## EXERCISE
For the records below, print the lines from the line with "api_path = create_order_api_path;" through the line with "unfolding find_product find" exactly as written; include both end lines and exclude the rest.

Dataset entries
----------

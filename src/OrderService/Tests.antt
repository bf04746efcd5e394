-- ===== src/OrderService/Tests.antt =====
-- Runs of `createOrder`, and witnesses.
use trade_reconcile_system.Models.Result
use trade_reconcile_system.Base.{
  [], ap, arith, count_where, false, find, inl, inr, map, none, refl, some, sym, true, update_where,
  ℕ, ◌+◌, ◌<◌, ◌∙◌, ◌∷◌, ◌≡◌,
}
use trade_reconcile_system.Base.Bytes.{codes, str_eq}
use trade_reconcile_system.Base.Calendar.{format_time}
use trade_reconcile_system.Base.Decimal.{digits, to_string}
use trade_reconcile_system.Base.Int.{pos, to_i64, ℤ, ◌*ℤ◌, ◌+ℤ◌, ◌-ℤ◌}
use trade_reconcile_system.Dao.Idempotent.{
  acquired_row, find_idempotent, insert_idempotent, mark_rows, mark_success,
}
use trade_reconcile_system.Dao.Order.{clashes, fits_order, order_row}
use trade_reconcile_system.Dao.Product.{deduct_products, deductible, find_product}
use trade_reconcile_system.Db.{Db, IdempotentRow, ProductRow}
use trade_reconcile_system.Db.Monad.{
  Env, Outcome, World, done, exec, or_throw, pure, read_clock, require,
}
use trade_reconcile_system.Db.Text.{cast_decimal, sql_eq}
use trade_reconcile_system.Ids.{Generator, fresh_generator, generated, id_text, layout, next_number}
use trade_reconcile_system.Models.Order.{CreateOrderReq, Product, on_sale}
use trade_reconcile_system.Models.Result.{Result, fail, ok}
use trade_reconcile_system.Money.{fen_to_yuan_string, negate, yuan_text}
use trade_reconcile_system.OrderService.{
  CreateOrderOutcome, cached, create_order, create_order_api_path, db_time, executed, in_range,
  new_order, snapshot,
}
use trade_reconcile_system.OrderService.Atomic.{Ends, OrderPlaced}
use trade_reconcile_system.OrderService.Refines.{create_order-Ends}
use trade_reconcile_system.OrderService.Replay.{FitsKey, create_order-again, create_order-replays}
use trade_reconcile_system.OrderService.Succeeds.{create_order-succeeds, order_at}

abbrev env : Env
env = record {
  clock = λ n. 1704067200000 + n;
  rounds = 5;
  db_now = 1704067200;
  write_compact = λ j. codes "{}";
  write_styled = λ j. codes "{ }";
}

abbrev phone : ProductRow
phone = record {
  id = 7;
  product_no = codes "P7";
  name = codes "phone";
  price = pos 39900;
  stock = 5;
  version = 0;
  status = 1;
}

abbrev shop : Db
shop = record {
  products = phone ∷ [];
  orders = [];
  idempotents = [];
  accounts = [];
  flows = [];
  payments = [];
  messages = [];
  notifies = [];
  batches = [];
  diffs = [];
}

abbrev start : World
start = record {
  committed = shop;
  working = shop;
  finished = false;
  generator = fresh_generator;
  faults = [];
}

abbrev req : ℤ → CreateOrderReq
req quantity = record {
  request_id = codes "0123456789abcdef";
  request_hash = [];
  user_id = 1;
  product_id = 7;
  quantity = quantity;
}

abbrev result_code : Outcome CreateOrderOutcome → ℕ
result_code (done (executed r)) = r.code
result_code (done (cached b)) = 1
result_code _ = 2

sells :
    let (o, w) = create_order env (req (pos 2)) start in
    (result_code o ≡ 0) × (map {B = ℕ} (λ r. r.stock) w.committed.products ≡ 3 ∷ [])
unfolding pure or_throw require new_order create_order find_product find mark_success
    deduct_products update_where count_where sql_eq str_eq on_sale layout next_number to_string
    digits format_time ◌+ℤ◌ ◌*ℤ◌ ◌-ℤ◌ to_i64 cast_decimal fen_to_yuan_string Result.ok Result.fail
    snapshot exec read_clock acquired_row order_row mark_rows insert_idempotent id_text yuan_text
    negate deductible
sells = (refl, refl)

-- A second call with the same request id, after the first one.
again :
    let (_, w) = create_order env (req (pos 2)) start in
    let (o, w') = create_order env (req (pos 2)) w in
    (result_code o ≡ 1) × (map {B = ℕ} (λ r. r.stock) w'.committed.products ≡ 3 ∷ [])
unfolding pure or_throw require new_order create_order find_product find mark_success
    deduct_products update_where count_where sql_eq str_eq on_sale layout next_number to_string
    digits format_time ◌+ℤ◌ ◌*ℤ◌ ◌-ℤ◌ to_i64 cast_decimal fen_to_yuan_string Result.ok Result.fail
    snapshot exec read_clock acquired_row order_row mark_rows insert_idempotent id_text yuan_text
    negate deductible find_idempotent
again = (refl, refl)

create_order-Ends_example :
    Ends env (req (pos 2)) start.committed (create_order env (req (pos 2)) start)
create_order-Ends_example = create_order-Ends env (req (pos 2)) start

-- The world after the first call, and what that call has done.
abbrev sold_world : World
sold_world = (create_order env (req (pos 2)) start).1

has_placed : OrderPlaced env (req (pos 2)) start.committed (create_order env (req (pos 2)) start)
has_placed = elim (create_order-Ends env (req (pos 2)) start) [
  | inl same ↦ cc (sym sells.1 ∙ ap (λ (db : Db). map {B = ℕ} (λ r. r.stock) db.products) same.kept)
  | inr placed ↦ placed
]

quantity_in_range : in_range (pos 2) ≡ true
unfolding in_range
quantity_in_range = refl

key_of_req : FitsKey (req (pos 2))
key_of_req = (omega arith, omega arith, omega arith)

create_order-again_example :
    let (o, w') = create_order env (req (pos 2)) (record sold_world { faults = [] }) in
    (o ≡ done (cached (snapshot env has_placed.order (codes "0123456789abcdef"))))
    × (w'.committed ≡ sold_world.committed)
create_order-again_example =
    create_order-again env env (req (pos 2)) start sold_world has_placed refl quantity_in_range
      key_of_req

-- A shop where the request has been answered.
abbrev answered_request : IdempotentRow
answered_request = record {
  request_id = codes "0123456789abcdef";
  user_id = 1;
  api_path = create_order_api_path;
  request_hash = [];
  response_body = codes "{}";
  status = 1;
  expire_time = codes "2024-01-02 08:00:00";
}

abbrev answered_world : World
answered_world = record start { committed = record shop { idempotents = answered_request ∷ [] } }

answered_found :
    find_idempotent (codes "0123456789abcdef") answered_world.committed ≡ some answered_request
unfolding find_idempotent find sql_eq str_eq
answered_found = refl

create_order-replays_example :
    let (o, w') = create_order env (req (pos 2)) (record answered_world { faults = [] }) in
    (o ≡ done (cached (codes "{}"))) × (w'.committed ≡ answered_world.committed)
create_order-replays_example =
    create_order-replays env (req (pos 2)) answered_world answered_request answered_found refl
      quantity_in_range key_of_req

abbrev phone_product : Product
phone_product = record {
  id = 7;
  product_no = codes "P7";
  name = codes "phone";
  price_fen = pos 39900;
  stock = 5;
  status = 1;
}

abbrev issuing : Generator
issuing = record { last_timestamp_ms = pos 1704067200001; sequence = 0; readings = 2 }

first_number :
    next_number env.rounds env.clock
      (record start.generator { readings = start.generator.readings + 1 })
    ≡ generated (layout 1704067200001 0) issuing
unfolding next_number
first_number = refl

phone_found : find_product 7 start.committed ≡ some phone_product
unfolding find_product find
phone_found = refl

phone_on_sale : on_sale phone_product ≡ true
unfolding on_sale
phone_on_sale = refl

request_is_new : find_idempotent (codes "0123456789abcdef") start.committed ≡ none
unfolding find_idempotent find
request_is_new = refl

phone_in_stock : 0 < count_where (deductible 7 (pos 2)) start.committed.products
unfolding count_where deductible
phone_in_stock = omega arith

order_fits :
    fits_order
      (order_row (order_at env (req (pos 2)) phone_product (layout 1704067200001 0) issuing))
    ≡ true
unfolding fits_order order_row new_order id_text layout to_string digits format_time ◌+ℤ◌ ◌*ℤ◌ ◌-ℤ◌
    to_i64 cast_decimal fen_to_yuan_string yuan_text negate db_time
order_fits = refl

no_order_clashes :
    find
      (clashes
        (order_row (order_at env (req (pos 2)) phone_product (layout 1704067200001 0) issuing)))
      start.committed.orders
    ≡ none
unfolding find
no_order_clashes = refl

create_order-succeeds_example :
    (create_order env (req (pos 2)) (record start { faults = [] })).0
    ≡ done (
        executed (
          Result.ok
            (order_at env (req (pos 2)) phone_product (layout 1704067200001 0) issuing)
            (codes "0123456789abcdef")))
create_order-succeeds_example =
    create_order-succeeds env (req (pos 2)) start phone_product (layout 1704067200001 0) issuing
      quantity_in_range key_of_req request_is_new phone_found phone_on_sale phone_in_stock
      first_number order_fits no_order_clashes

----------

## ANSWER SECTION
  api_path = create_order_api_path;
  request_hash = [];
  response_body = codes "{}";
  status = 1;
  expire_time = codes "2024-01-02 08:00:00";
}

abbrev answered_world : World
answered_world = record start { committed = record shop { idempotents = answered_request ∷ [] } }

answered_found :
    find_idempotent (codes "0123456789abcdef") answered_world.committed ≡ some answered_request
unfolding find_idempotent find sql_eq str_eq
answered_found = refl

create_order-replays_example :
    let (o, w') = create_order env (req (pos 2)) (record answered_world { faults = [] }) in
    (o ≡ done (cached (codes "{}"))) × (w'.committed ≡ answered_world.committed)
create_order-replays_example =
    create_order-replays env (req (pos 2)) answered_world answered_request answered_found refl
      quantity_in_range key_of_req

abbrev phone_product : Product
phone_product = record {
  id = 7;
  product_no = codes "P7";
  name = codes "phone";
  price_fen = pos 39900;
  stock = 5;
  status = 1;
}

abbrev issuing : Generator
issuing = record { last_timestamp_ms = pos 1704067200001; sequence = 0; readings = 2 }

first_number :
    next_number env.rounds env.clock
      (record start.generator { readings = start.generator.readings + 1 })
    ≡ generated (layout 1704067200001 0) issuing
unfolding next_number
first_number = refl

phone_found : find_product 7 start.committed ≡ some phone_product
unfolding find_product find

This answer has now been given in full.